> **Exercise brief**
Could you repeat the records shown below exactly as written?
━━━━━ Records provided ━━━━━
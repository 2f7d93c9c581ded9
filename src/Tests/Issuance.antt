-- ===== src/Tests/Issuance.antt =====
-- The theorems on the issuer's ledger and on `issue_ink_v0f_grant` at concrete inputs.
use qnty_authority_root.Prelude.{◌≡◌, refl, All, some, true, pos}
use qnty_authority_root.Errors.{ok, raise, issuance_conflict_error}
use qnty_authority_root.Json.Total.{is_refusal}
use qnty_authority_root.Canon.Total.{IsLong, strict_json_loads-error}
use qnty_authority_root.Contract.Refusals.Documents.{from_bytes-error}
use qnty_authority_root.Decimal.{decimal, max_str_digits}
use qnty_authority_root.Prelude.{length, ◌≤◌}
use qnty_authority_root.Errors.{is_authority_root_error, recursion_error}
use qnty_authority_root.Prelude.{◌⊎◌}
use qnty_authority_root.Issuer.Bound.{issue-bound}
use qnty_authority_root.Issuer.Ledger.{Row, find_row}
use qnty_authority_root.Issuer.Issue.{issue}
use qnty_authority_root.Issuer.Runs.{done, new_database}
use qnty_authority_root.Issuer.Refinement.{receipts, Permits, issue-Permits}
use qnty_authority_root.Issuer.Conflicts.{IsClear, issue-IsClear}
use qnty_authority_root.Issuer.Examples.{
  first_call-ok, example_verify, example_issuer, example_id, example_request, all_answers,
  first_call, first_bytes, first_database, later_request, later_id, later_call, later_call-ok,
  later-missing, later-prepared, later-is_ink, requests-differ, bytes_of,
}
use qnty_authority_root.InkGrant.{
  ink_v0f_request_id, GrantArguments, Prepared, prepare_grant, request_id_text,
}
use qnty_authority_root.InkGrant.Admissible.{prepare_grant-admissible}
use qnty_authority_root.Policy.Request.{assert_issuance_request_admissible}
use qnty_authority_root.Prelude.{◌+◌, ◌↔◌, arith}
use qnty_authority_root.Risk.{InkV0FDustRiskPolicyV0, ink_v0f_dust_risk_policy, ink_v0f_dust_risk}
use qnty_authority_root.Risk.Frozen.{ink_v0f_dust_risk_iff}
use qnty_authority_root.InkGrant.Committed.{issue_ink_v0f_grant-committed}
use qnty_authority_root.InkGrant.Once.{IsSameGrant, issue_ink_v0f_grant-once}
use qnty_authority_root.Scripts.Epoch6.Issue.{grant_arguments}
use qnty_authority_root.Scripts.Examples.{
  example_signer, example_grant, example_grant_again, example-facts, returned_of, error_of,
}
use qnty_authority_root.Prelude.{codes}

issue-Permits_example :
    Permits example_id (receipts new_database) first_call.0 (receipts first_call.1)
issue-Permits_example =
    issue-Permits example_verify example_issuer example_id example_request all_answers new_database

issue-IsClear_example : All (IsClear later_request.authority_policy) first_database.issuances
issue-IsClear_example =
    issue-IsClear example_verify example_issuer later_id later_request all_answers first_database
      later_call.1 (bytes_of later_call.0) later_call-ok later-missing later-is_ink

issue_ink_v0f_grant-committed_example :
    (ink_v0f_request_id (pos 1_800_000_000) (pos 900)
      ≡ ok (returned_of example_grant example-facts.1).0.request_id)
    × ((row : Row) × (find_row
            (returned_of example_grant example-facts.1).0.request_id
            example_grant.1.issuances
          ≡ some row)
        × (row.receipt_bytes ≡ (returned_of example_grant example-facts.1).0.receipt_bytes))
issue_ink_v0f_grant-committed_example =
    issue_ink_v0f_grant-committed example_verify (grant_arguments example_signer 1_800_000_000)
      all_answers all_answers new_database example_grant.1
      (returned_of example_grant example-facts.1).0 (returned_of example_grant example-facts.1).1

abbrev example_arguments : GrantArguments
example_arguments = grant_arguments example_signer 1_800_000_000

short_time : length (decimal 1_800_000_000) ≤ max_str_digits
unfolding decimal
short_time = omega arith

prepare_grant-admissible_example :
    (p : Prepared) × (prepare_grant example_arguments ≡ ok p)
    × (assert_issuance_request_admissible p.policy p.request ≡ ok tt)
    × (p.request_id ≡ request_id_text (decimal 1_800_000_000) (decimal 900))
    × (p.request.authority_policy.not_before_epoch_s ≡ 1_800_000_000)
    × (p.request.authority_policy.not_after_epoch_s ≡ 1_800_000_000 + 900)
prepare_grant-admissible_example =
    prepare_grant-admissible example_arguments 1_800_000_000 899 refl refl (omega arith) short_time

abbrev wider : InkV0FDustRiskPolicyV0
wider = record ink_v0f_dust_risk_policy { max_slippage_bps = 400 }

ink_v0f_dust_risk_iff_example :
    (ink_v0f_dust_risk wider ≡ ok wider)
    ↔ ((wider ≡ ink_v0f_dust_risk_policy) × (wider ≡ ink_v0f_dust_risk_policy))
ink_v0f_dust_risk_iff_example = ink_v0f_dust_risk_iff wider wider

issue-bound_example :
    issue example_verify example_issuer example_id later_request all_answers first_database ≡ (
      raise issuance_conflict_error ""
          "request_id is already committed to different canonical content",
      first_database,
    )
issue-bound_example =
    issue-bound example_verify example_issuer example_id example_request all_answers new_database
      first_database first_database first_bytes first_call-ok (done first_database) example_issuer
      later_request later_request all_answers refl refl later-prepared requests-differ

issue_ink_v0f_grant-once_example :
    (example_grant_again.1.issuances ≡ example_grant.1.issuances)
    × ((row : Row) × (find_row
            (returned_of example_grant example-facts.1).0.request_id
            example_grant_again.1.issuances
          ≡ some row)
        × (row.receipt_bytes ≡ (returned_of example_grant example-facts.1).0.receipt_bytes))
    × IsSameGrant
        (returned_of example_grant example-facts.1).0
        (ok (returned_of example_grant_again example-facts.9).0)
issue_ink_v0f_grant-once_example =
    issue_ink_v0f_grant-once example_verify (grant_arguments example_signer 1_800_000_000)
      all_answers all_answers new_database example_grant.1
      (returned_of example_grant example-facts.1).0 (returned_of example_grant example-facts.1).1
      example_grant.1 (done example_grant.1) (grant_arguments example_signer 1_800_000_000)
      all_answers all_answers (ok (returned_of example_grant_again example-facts.9).0)
      example_grant_again.1 refl refl (returned_of example_grant_again example-facts.9).1

from_bytes-error_example :
    (is_authority_root_error (error_of _ example-facts.6).0.kind ≡ true)
    ⊎ (((error_of _ example-facts.6).0.kind ≡ recursion_error) × IsLong 1 (codes "[[]]"))
from_bytes-error_example =
    from_bytes-error 1 (codes "[[]]") (error_of _ example-facts.6).0 (error_of _ example-facts.6).1

strict_json_loads-error_example :
    (is_refusal (error_of _ example-facts.7).0.kind ≡ true)
    ⊎ (((error_of _ example-facts.7).0.kind ≡ recursion_error) × IsLong 1 (codes "[[]]"))
strict_json_loads-error_example =
    strict_json_loads-error 1 (codes "[[]]") (error_of _ example-facts.7).0
      (error_of _ example-facts.7).1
━━━━━
> **Result for this exercise**
repository 2f7d93c9c581ded9
filename src/Tests/Issuance.antt
-- ===== src/Tests/Issuance.antt =====
-- The theorems on the issuer's ledger and on `issue_ink_v0f_grant` at concrete inputs.
use qnty_authority_root.Prelude.{◌≡◌, refl, All, some, true, pos}
use qnty_authority_root.Errors.{ok, raise, issuance_conflict_error}
use qnty_authority_root.Json.Total.{is_refusal}
use qnty_authority_root.Canon.Total.{IsLong, strict_json_loads-error}
use qnty_authority_root.Contract.Refusals.Documents.{from_bytes-error}
use qnty_authority_root.Decimal.{decimal, max_str_digits}
use qnty_authority_root.Prelude.{length, ◌≤◌}
use qnty_authority_root.Errors.{is_authority_root_error, recursion_error}
use qnty_authority_root.Prelude.{◌⊎◌}
use qnty_authority_root.Issuer.Bound.{issue-bound}
use qnty_authority_root.Issuer.Ledger.{Row, find_row}
use qnty_authority_root.Issuer.Issue.{issue}
use qnty_authority_root.Issuer.Runs.{done, new_database}
use qnty_authority_root.Issuer.Refinement.{receipts, Permits, issue-Permits}
use qnty_authority_root.Issuer.Conflicts.{IsClear, issue-IsClear}
use qnty_authority_root.Issuer.Examples.{
  first_call-ok, example_verify, example_issuer, example_id, example_request, all_answers,
  first_call, first_bytes, first_database, later_request, later_id, later_call, later_call-ok,
  later-missing, later-prepared, later-is_ink, requests-differ, bytes_of,
}
use qnty_authority_root.InkGrant.{
  ink_v0f_request_id, GrantArguments, Prepared, prepare_grant, request_id_text,
}
use qnty_authority_root.InkGrant.Admissible.{prepare_grant-admissible}
use qnty_authority_root.Policy.Request.{assert_issuance_request_admissible}
use qnty_authority_root.Prelude.{◌+◌, ◌↔◌, arith}
use qnty_authority_root.Risk.{InkV0FDustRiskPolicyV0, ink_v0f_dust_risk_policy, ink_v0f_dust_risk}
use qnty_authority_root.Risk.Frozen.{ink_v0f_dust_risk_iff}
use qnty_authority_root.InkGrant.Committed.{issue_ink_v0f_grant-committed}
use qnty_authority_root.InkGrant.Once.{IsSameGrant, issue_ink_v0f_grant-once}
use qnty_authority_root.Scripts.Epoch6.Issue.{grant_arguments}
use qnty_authority_root.Scripts.Examples.{
  example_signer, example_grant, example_grant_again, example-facts, returned_of, error_of,
}
use qnty_authority_root.Prelude.{codes}

issue-Permits_example :
    Permits example_id (receipts new_database) first_call.0 (receipts first_call.1)
issue-Permits_example =
    issue-Permits example_verify example_issuer example_id example_request all_answers new_database

issue-IsClear_example : All (IsClear later_request.authority_policy) first_database.issuances
issue-IsClear_example =
    issue-IsClear example_verify example_issuer later_id later_request all_answers first_database
      later_call.1 (bytes_of later_call.0) later_call-ok later-missing later-is_ink

issue_ink_v0f_grant-committed_example :
    (ink_v0f_request_id (pos 1_800_000_000) (pos 900)
      ≡ ok (returned_of example_grant example-facts.1).0.request_id)
    × ((row : Row) × (find_row
            (returned_of example_grant example-facts.1).0.request_id
            example_grant.1.issuances
          ≡ some row)
        × (row.receipt_bytes ≡ (returned_of example_grant example-facts.1).0.receipt_bytes))
issue_ink_v0f_grant-committed_example =
    issue_ink_v0f_grant-committed example_verify (grant_arguments example_signer 1_800_000_000)
      all_answers all_answers new_database example_grant.1
      (returned_of example_grant example-facts.1).0 (returned_of example_grant example-facts.1).1

abbrev example_arguments : GrantArguments
example_arguments = grant_arguments example_signer 1_800_000_000

short_time : length (decimal 1_800_000_000) ≤ max_str_digits
unfolding decimal
short_time = omega arith

prepare_grant-admissible_example :
    (p : Prepared) × (prepare_grant example_arguments ≡ ok p)
    × (assert_issuance_request_admissible p.policy p.request ≡ ok tt)
    × (p.request_id ≡ request_id_text (decimal 1_800_000_000) (decimal 900))
    × (p.request.authority_policy.not_before_epoch_s ≡ 1_800_000_000)
    × (p.request.authority_policy.not_after_epoch_s ≡ 1_800_000_000 + 900)
prepare_grant-admissible_example =
    prepare_grant-admissible example_arguments 1_800_000_000 899 refl refl (omega arith) short_time

abbrev wider : InkV0FDustRiskPolicyV0
wider = record ink_v0f_dust_risk_policy { max_slippage_bps = 400 }

ink_v0f_dust_risk_iff_example :
    (ink_v0f_dust_risk wider ≡ ok wider)
    ↔ ((wider ≡ ink_v0f_dust_risk_policy) × (wider ≡ ink_v0f_dust_risk_policy))
ink_v0f_dust_risk_iff_example = ink_v0f_dust_risk_iff wider wider

issue-bound_example :
    issue example_verify example_issuer example_id later_request all_answers first_database ≡ (
      raise issuance_conflict_error ""
          "request_id is already committed to different canonical content",
      first_database,
    )
issue-bound_example =
    issue-bound example_verify example_issuer example_id example_request all_answers new_database
      first_database first_database first_bytes first_call-ok (done first_database) example_issuer
      later_request later_request all_answers refl refl later-prepared requests-differ

issue_ink_v0f_grant-once_example :
    (example_grant_again.1.issuances ≡ example_grant.1.issuances)
    × ((row : Row) × (find_row
            (returned_of example_grant example-facts.1).0.request_id
            example_grant_again.1.issuances
          ≡ some row)
        × (row.receipt_bytes ≡ (returned_of example_grant example-facts.1).0.receipt_bytes))
    × IsSameGrant
        (returned_of example_grant example-facts.1).0
        (ok (returned_of example_grant_again example-facts.9).0)
issue_ink_v0f_grant-once_example =
    issue_ink_v0f_grant-once example_verify (grant_arguments example_signer 1_800_000_000)
      all_answers all_answers new_database example_grant.1
      (returned_of example_grant example-facts.1).0 (returned_of example_grant example-facts.1).1
      example_grant.1 (done example_grant.1) (grant_arguments example_signer 1_800_000_000)
      all_answers all_answers (ok (returned_of example_grant_again example-facts.9).0)
      example_grant_again.1 refl refl (returned_of example_grant_again example-facts.9).1

from_bytes-error_example :
    (is_authority_root_error (error_of _ example-facts.6).0.kind ≡ true)
    ⊎ (((error_of _ example-facts.6).0.kind ≡ recursion_error) × IsLong 1 (codes "[[]]"))
from_bytes-error_example =
    from_bytes-error 1 (codes "[[]]") (error_of _ example-facts.6).0 (error_of _ example-facts.6).1

strict_json_loads-error_example :
    (is_refusal (error_of _ example-facts.7).0.kind ≡ true)
    ⊎ (((error_of _ example-facts.7).0.kind ≡ recursion_error) × IsLong 1 (codes "[[]]"))
strict_json_loads-error_example =
    strict_json_loads-error 1 (codes "[[]]") (error_of _ example-facts.7).0
      (error_of _ example-facts.7).1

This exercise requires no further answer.